Work item —
Please filter the listing below and copy out the lines that hold "Laws".

Segment Start: Available data

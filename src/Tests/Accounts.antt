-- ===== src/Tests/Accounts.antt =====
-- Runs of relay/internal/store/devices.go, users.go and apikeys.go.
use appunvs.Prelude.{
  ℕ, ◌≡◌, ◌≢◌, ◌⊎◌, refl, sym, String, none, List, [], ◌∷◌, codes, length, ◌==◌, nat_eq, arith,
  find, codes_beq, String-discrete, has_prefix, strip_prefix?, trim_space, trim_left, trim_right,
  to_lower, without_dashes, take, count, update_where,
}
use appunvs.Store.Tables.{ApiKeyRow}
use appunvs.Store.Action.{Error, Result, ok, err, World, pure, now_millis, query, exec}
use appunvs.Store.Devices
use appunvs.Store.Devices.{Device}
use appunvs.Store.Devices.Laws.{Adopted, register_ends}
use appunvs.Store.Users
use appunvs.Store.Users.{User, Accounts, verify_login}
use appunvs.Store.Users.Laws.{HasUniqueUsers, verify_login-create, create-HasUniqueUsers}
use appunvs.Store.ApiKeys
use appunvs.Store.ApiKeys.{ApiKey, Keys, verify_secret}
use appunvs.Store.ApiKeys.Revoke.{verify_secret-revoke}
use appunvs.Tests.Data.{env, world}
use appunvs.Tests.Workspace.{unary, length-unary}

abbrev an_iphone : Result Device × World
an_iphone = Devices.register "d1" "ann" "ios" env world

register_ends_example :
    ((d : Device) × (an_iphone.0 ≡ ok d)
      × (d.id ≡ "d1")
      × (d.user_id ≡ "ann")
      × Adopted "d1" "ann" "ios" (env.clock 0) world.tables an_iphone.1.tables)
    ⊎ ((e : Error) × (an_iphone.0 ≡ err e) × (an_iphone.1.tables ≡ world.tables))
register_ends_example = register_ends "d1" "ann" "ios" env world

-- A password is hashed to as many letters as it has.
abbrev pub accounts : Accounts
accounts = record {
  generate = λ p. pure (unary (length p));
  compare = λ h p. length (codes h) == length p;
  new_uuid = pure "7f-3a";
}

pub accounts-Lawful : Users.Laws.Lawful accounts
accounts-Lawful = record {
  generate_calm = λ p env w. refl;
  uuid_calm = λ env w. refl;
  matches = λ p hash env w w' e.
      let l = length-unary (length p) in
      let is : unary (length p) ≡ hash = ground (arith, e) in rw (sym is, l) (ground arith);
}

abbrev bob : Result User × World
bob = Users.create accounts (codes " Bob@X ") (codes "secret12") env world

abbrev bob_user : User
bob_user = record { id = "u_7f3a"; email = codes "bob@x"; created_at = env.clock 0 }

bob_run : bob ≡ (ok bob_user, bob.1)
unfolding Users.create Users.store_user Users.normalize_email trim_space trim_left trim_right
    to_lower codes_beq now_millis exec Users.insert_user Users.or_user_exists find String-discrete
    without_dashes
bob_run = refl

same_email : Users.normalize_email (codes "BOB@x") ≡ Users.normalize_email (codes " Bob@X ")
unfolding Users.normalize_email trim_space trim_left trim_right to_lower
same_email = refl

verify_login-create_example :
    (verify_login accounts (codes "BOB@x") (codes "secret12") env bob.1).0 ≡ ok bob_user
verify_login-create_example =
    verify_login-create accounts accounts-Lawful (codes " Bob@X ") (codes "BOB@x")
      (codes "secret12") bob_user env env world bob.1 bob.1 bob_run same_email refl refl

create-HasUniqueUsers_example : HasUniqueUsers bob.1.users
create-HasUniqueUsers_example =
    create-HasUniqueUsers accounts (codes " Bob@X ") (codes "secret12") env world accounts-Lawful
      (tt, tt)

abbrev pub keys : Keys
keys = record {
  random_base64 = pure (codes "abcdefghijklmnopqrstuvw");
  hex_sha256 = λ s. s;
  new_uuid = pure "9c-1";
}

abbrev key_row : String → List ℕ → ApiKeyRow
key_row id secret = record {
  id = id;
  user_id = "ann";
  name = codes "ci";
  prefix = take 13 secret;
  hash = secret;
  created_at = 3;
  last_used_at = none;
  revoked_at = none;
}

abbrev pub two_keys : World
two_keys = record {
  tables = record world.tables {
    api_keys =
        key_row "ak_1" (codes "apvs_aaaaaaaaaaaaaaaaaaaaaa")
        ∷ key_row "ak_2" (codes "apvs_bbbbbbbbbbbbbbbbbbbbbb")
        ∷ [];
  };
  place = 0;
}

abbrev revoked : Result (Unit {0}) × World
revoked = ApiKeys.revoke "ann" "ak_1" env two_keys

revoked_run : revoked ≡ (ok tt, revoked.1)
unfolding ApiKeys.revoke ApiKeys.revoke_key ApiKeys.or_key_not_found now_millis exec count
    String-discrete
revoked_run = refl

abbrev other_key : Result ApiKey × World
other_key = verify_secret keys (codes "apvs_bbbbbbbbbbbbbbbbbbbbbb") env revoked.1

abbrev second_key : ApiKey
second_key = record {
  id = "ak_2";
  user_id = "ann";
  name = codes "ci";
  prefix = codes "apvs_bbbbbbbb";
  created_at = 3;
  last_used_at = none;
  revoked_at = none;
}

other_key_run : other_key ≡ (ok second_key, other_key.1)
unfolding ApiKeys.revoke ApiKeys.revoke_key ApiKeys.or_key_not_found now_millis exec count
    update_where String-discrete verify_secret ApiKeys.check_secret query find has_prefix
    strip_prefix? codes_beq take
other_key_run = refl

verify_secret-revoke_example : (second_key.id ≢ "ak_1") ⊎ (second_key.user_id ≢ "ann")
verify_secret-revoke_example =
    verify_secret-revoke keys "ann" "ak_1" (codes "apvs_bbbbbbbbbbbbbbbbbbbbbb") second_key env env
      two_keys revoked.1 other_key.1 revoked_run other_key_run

Segment End: Available data

Answer —
use appunvs.Store.Devices.Laws.{Adopted, register_ends}
use appunvs.Store.Users.Laws.{HasUniqueUsers, verify_login-create, create-HasUniqueUsers}
pub accounts-Lawful : Users.Laws.Lawful accounts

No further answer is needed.